Excerpted records:
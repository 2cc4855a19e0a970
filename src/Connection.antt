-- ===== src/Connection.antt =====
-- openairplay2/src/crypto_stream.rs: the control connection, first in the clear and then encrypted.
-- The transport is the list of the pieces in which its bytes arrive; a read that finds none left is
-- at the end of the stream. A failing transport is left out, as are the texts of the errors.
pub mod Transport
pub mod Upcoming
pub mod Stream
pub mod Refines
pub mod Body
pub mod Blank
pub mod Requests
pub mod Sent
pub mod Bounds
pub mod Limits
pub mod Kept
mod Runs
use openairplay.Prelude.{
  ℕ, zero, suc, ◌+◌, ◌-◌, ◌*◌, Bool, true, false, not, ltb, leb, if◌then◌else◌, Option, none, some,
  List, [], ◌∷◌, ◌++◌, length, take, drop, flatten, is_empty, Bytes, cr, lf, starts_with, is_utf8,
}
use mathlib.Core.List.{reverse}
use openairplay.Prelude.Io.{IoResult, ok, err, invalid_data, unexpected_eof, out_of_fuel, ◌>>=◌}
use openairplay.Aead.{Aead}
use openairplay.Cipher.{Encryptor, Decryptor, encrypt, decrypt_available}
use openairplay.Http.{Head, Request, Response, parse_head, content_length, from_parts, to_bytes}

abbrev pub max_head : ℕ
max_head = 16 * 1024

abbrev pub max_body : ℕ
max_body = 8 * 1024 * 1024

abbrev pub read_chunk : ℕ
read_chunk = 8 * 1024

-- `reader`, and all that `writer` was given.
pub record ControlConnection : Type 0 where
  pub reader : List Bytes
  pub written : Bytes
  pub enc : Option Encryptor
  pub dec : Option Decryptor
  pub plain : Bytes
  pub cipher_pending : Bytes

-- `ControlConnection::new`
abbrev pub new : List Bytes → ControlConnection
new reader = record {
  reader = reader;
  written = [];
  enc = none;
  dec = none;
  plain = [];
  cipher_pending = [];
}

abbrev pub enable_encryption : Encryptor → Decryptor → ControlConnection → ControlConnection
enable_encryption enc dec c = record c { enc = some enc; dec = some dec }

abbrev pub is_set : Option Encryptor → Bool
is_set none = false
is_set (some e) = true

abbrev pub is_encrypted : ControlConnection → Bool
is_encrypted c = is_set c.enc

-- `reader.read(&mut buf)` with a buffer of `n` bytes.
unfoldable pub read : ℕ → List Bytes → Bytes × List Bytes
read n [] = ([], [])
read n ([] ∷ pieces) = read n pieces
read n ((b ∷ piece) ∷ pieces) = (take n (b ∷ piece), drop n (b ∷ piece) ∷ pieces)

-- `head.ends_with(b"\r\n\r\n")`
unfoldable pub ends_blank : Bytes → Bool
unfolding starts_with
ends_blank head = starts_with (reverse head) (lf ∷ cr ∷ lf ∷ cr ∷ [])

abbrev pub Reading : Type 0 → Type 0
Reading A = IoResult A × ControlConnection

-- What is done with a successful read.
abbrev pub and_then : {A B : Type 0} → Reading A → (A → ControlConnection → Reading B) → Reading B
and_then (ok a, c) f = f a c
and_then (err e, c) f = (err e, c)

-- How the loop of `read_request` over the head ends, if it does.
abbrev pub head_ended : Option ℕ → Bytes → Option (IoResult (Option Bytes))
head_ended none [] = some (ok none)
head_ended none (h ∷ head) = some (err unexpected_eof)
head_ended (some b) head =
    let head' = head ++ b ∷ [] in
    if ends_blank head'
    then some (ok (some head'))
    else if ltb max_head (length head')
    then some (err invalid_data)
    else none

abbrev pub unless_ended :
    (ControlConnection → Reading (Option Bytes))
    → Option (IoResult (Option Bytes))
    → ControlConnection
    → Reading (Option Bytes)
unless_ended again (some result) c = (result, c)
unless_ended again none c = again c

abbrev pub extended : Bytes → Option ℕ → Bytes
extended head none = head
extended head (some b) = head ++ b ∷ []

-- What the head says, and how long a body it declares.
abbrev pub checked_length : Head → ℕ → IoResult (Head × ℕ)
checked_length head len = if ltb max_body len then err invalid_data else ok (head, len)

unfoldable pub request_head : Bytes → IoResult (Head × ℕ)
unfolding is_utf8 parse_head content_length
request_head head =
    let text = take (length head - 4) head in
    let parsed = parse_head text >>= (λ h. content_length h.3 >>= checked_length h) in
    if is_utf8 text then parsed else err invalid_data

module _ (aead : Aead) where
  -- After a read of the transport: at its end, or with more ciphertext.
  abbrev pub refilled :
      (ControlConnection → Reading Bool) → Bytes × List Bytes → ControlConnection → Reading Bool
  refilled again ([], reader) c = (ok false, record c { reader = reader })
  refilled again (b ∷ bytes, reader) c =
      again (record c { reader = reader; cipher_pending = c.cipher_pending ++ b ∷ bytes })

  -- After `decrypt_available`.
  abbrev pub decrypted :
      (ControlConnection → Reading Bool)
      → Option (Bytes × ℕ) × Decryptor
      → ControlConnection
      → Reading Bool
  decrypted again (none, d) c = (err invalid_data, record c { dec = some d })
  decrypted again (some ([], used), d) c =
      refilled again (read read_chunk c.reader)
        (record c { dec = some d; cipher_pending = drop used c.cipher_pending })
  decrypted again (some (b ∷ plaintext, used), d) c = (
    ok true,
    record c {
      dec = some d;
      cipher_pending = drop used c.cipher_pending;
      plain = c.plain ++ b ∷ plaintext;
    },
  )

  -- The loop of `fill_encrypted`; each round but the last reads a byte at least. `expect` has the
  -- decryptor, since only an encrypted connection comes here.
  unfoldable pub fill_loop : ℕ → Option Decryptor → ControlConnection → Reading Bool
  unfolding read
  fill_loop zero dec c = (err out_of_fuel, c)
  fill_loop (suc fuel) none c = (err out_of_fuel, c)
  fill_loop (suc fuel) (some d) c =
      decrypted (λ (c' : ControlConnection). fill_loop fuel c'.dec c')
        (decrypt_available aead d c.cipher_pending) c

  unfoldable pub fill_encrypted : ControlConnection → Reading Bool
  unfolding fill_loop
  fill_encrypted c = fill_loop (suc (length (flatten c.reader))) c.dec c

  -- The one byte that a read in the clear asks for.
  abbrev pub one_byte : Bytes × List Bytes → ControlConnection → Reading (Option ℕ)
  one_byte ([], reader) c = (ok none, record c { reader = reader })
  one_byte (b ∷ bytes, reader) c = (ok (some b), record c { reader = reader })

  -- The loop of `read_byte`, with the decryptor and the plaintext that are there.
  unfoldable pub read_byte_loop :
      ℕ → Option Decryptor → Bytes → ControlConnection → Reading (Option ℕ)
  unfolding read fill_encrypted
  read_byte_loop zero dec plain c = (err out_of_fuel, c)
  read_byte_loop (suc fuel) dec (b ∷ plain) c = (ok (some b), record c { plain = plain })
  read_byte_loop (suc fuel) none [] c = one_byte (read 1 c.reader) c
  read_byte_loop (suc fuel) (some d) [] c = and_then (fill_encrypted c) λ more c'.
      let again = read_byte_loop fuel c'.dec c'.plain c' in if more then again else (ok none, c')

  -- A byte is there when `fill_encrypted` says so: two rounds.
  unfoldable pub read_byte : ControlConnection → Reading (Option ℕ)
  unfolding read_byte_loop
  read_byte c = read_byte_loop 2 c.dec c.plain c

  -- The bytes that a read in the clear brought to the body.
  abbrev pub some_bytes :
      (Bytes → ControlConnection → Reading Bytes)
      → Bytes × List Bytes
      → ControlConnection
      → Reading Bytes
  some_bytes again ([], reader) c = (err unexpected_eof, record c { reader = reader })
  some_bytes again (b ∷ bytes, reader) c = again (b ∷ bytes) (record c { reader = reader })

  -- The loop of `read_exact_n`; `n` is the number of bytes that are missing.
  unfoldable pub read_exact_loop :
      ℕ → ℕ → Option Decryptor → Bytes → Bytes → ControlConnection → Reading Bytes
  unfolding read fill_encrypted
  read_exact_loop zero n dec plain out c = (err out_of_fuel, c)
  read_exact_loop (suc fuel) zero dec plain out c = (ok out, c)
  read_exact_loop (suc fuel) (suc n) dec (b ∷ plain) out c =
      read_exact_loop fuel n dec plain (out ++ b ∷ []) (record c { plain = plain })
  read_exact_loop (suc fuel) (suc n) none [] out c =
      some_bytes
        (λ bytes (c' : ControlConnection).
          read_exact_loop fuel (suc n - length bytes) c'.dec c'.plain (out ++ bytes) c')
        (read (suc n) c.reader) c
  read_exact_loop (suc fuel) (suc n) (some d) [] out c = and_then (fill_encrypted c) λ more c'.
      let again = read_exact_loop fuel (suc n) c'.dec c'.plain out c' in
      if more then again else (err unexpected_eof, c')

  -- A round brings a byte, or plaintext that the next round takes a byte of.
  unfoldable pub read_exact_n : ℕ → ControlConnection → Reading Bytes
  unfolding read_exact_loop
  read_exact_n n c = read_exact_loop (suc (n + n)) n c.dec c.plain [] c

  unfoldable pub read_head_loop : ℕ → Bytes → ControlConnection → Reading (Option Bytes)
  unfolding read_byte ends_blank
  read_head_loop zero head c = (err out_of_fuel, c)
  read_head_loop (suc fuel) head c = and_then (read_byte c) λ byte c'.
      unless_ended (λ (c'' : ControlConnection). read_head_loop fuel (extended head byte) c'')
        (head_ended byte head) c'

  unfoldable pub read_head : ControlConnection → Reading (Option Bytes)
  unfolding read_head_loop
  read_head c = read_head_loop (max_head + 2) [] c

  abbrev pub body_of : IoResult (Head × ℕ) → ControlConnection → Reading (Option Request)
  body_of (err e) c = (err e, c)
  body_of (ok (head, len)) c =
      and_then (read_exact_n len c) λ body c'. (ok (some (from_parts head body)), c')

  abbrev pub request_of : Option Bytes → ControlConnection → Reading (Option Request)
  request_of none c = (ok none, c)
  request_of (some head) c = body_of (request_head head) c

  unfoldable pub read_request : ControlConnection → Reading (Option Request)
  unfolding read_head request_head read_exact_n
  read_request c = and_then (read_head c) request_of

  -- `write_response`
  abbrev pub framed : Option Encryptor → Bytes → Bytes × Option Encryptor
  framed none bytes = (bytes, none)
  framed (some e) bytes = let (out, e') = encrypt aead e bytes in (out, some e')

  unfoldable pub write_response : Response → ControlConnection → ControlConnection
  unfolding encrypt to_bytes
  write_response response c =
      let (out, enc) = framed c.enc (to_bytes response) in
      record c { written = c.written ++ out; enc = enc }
---
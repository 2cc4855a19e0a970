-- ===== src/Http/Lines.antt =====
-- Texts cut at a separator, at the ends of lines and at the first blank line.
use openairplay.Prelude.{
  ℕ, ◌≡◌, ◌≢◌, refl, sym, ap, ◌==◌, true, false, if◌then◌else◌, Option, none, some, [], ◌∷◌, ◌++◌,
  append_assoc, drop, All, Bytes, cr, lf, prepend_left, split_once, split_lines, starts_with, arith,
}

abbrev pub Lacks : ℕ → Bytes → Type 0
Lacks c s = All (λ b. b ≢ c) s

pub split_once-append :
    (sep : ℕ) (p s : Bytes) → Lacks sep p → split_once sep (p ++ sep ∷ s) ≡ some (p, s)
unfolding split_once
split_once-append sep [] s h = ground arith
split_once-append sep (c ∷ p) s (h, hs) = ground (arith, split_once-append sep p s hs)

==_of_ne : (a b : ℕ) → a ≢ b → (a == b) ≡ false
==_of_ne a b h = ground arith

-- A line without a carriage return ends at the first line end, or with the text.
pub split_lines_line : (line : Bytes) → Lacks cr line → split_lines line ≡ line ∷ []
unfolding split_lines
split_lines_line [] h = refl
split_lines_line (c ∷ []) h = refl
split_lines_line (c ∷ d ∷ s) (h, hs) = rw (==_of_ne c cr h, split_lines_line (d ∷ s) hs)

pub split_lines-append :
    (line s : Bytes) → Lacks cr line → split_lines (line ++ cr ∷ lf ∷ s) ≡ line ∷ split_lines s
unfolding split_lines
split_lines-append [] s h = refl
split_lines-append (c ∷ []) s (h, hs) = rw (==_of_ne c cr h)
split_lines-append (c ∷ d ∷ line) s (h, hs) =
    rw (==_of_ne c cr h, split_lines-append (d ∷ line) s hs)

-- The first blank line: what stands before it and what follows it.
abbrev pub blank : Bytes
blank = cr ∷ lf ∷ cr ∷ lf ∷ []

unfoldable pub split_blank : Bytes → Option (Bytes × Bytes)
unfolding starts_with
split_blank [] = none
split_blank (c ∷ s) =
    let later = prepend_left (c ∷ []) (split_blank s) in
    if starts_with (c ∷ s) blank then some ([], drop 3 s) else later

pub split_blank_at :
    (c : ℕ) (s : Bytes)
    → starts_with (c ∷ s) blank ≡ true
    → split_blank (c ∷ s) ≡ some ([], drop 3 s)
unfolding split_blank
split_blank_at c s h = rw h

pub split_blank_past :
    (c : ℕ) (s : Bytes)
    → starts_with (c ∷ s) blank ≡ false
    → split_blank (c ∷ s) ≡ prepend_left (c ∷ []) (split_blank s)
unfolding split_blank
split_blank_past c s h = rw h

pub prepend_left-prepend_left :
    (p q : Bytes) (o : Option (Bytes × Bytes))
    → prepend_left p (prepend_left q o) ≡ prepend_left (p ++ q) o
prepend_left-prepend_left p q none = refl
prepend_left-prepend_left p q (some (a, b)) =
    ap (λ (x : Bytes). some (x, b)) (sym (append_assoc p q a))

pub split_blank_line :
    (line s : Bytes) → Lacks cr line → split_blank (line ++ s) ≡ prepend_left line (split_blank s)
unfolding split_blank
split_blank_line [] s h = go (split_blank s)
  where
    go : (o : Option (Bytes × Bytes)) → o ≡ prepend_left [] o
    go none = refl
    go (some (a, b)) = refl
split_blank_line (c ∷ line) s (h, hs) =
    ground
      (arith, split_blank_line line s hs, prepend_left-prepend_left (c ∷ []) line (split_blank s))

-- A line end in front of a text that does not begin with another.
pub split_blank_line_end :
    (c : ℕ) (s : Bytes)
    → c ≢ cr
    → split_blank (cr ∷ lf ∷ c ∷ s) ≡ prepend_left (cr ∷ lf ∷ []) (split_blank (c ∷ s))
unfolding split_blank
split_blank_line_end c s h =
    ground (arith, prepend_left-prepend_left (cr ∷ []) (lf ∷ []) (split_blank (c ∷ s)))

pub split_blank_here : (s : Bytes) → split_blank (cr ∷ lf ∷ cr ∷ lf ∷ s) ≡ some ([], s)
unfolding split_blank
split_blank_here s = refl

Your assignment:
Scan the records above for the string "refl", then copy each line where it turns up.

Answer for the task:
  ℕ, ◌≡◌, ◌≢◌, refl, sym, ap, ◌==◌, true, false, if◌then◌else◌, Option, none, some, [], ◌∷◌, ◌++◌,
split_lines_line [] h = refl
split_lines_line (c ∷ []) h = refl
split_lines-append [] s h = refl
prepend_left-prepend_left p q none = refl
    go none = refl
    go (some (a, b)) = refl
split_blank_here s = refl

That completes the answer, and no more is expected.